I first dined at Chapel the very night before the late spring menu was set to be changed to a summer menu, which gave me the perfectly legitimate excuse to go back a few weeks later. Though my first dinner was marvelous, it was on my second visit that I discovered my absolutely favorite dish of the summer: Prater’s shrimp ceviche, an exquisite balance of taste and texture. Sweet melon wrapped in salty prosciutto and peppery cracker crisps encircle a mound of mesclun greens dressed in a spicy jalapeño-avocado-cilantro vinaigrette. The buried treasure lies within the greens: peeled, de-veined split shrimp marinated twice in a lemon-lime-orange blend until they are so soaked with succulence that you will have to concentrate to keep them on your tongue before they slip effortlessly down your throat.

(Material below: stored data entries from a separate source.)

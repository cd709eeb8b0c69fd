-- ===== src/Notifier.antt =====
-- notifier/: the event bus, and the limit on notifications in flight.
pub mod InFlight
pub mod Bus
use cloudhost_firewall_autou.Common.{ℕ}

pub data EventType : Type 0 where
  sync_start sync_complete target_sync_complete domain_sync_complete : EventType
  sync_error dns_failed operational_unhealthy : EventType

unfoldable pub event_number : EventType → ℕ
event_number sync_start = 0
event_number sync_complete = 1
event_number target_sync_complete = 2
event_number domain_sync_complete = 3
event_number sync_error = 4
event_number dns_failed = 5
event_number operational_unhealthy = 6

-- An event with its `Data`.
pub record Event (D : Type 0) : Type 0 where
  pub event_type : EventType
  pub timestamp : ℕ
  pub payload : D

The vegetable wrap is also a standout starter to share, or an entrée for vegetarians. Ingredients depend on the market, but on our visit they included bright-green stalks of barely blanched asparagus and cucumber-cilantro relish, dressed in a watermelon-ginger balsamic vinaigrette and wrapped in a thick, grilled tortilla. The calamari is rolled in polenta, then fried, which makes for a light, slightly gritty coating; the dish is a starter staple, though the accompanying dip—currently a fresh tomato gazpacho—varies by season.
My food phobia is the beet, but if you are not so afflicted, Prater has added a roasted beet, arugula and green apple salad, dressed in his superbly decadent cognac-truffle vinaigrette. (Rather than drink the dressing, as I would in the privacy of my own home, I ordered it on the house salad.) The grilled focaccia salad sings of summer with its thick slices of homegrown tomatoes and fresh mozzarella on grilled country bread; caper berries add the right touch of bitterness and crunch.
With all of that irresistible deliciousness at the front end, you may find yourself struggling with the consequences of wanton self-indulgence by the time entrées arrive, though Prater has a respect for reasonable and refined portion sizes. He also has a talent for elevating simple items—a chicken breast, a bowl of pasta, a pork chop—to flavorful heights with sauces, vinaigrettes and sides.
The sight of salmon on menus usually makes me yawn, but Prater’s is one I would order when I go back, thanks to its crusty topping of crushed sunflower seeds sweetened with strawberries and zinged with crumbled bleu cheese; a curry-spiced Moroccan couscous studded with yellow raisins and slivered almonds comes on the side. Likewise, the plump sautéed prawns over angel hair pasta with chopped fennel, sliced onions and sun-dried tomatoes in a light sauce provides a light option with plenty of flavor. The bone-in, simply seasoned chicken breast is grilled to a lovely crisp, but it plays second fiddle to the accompanying pan-fried ravioli square stuffed with shiitake mushroom, fennel, onion, red pepper and fresh mozzarella; the sweet pea pesto that tops the dish is unique and memorable.
Unique, memorable, intimate, passionate, generous, informed, daring, selfless: These are among the vital characteristics that distinguish an independent restaurant from the chains that so often dampen the delightful experience of dining out. Grigch’s contributions to our growing independent restaurant scene are well-known; it is young Prater’s talents that we are just now getting a taste of as we linger over his tables, savoring the fruition of his childhood dream.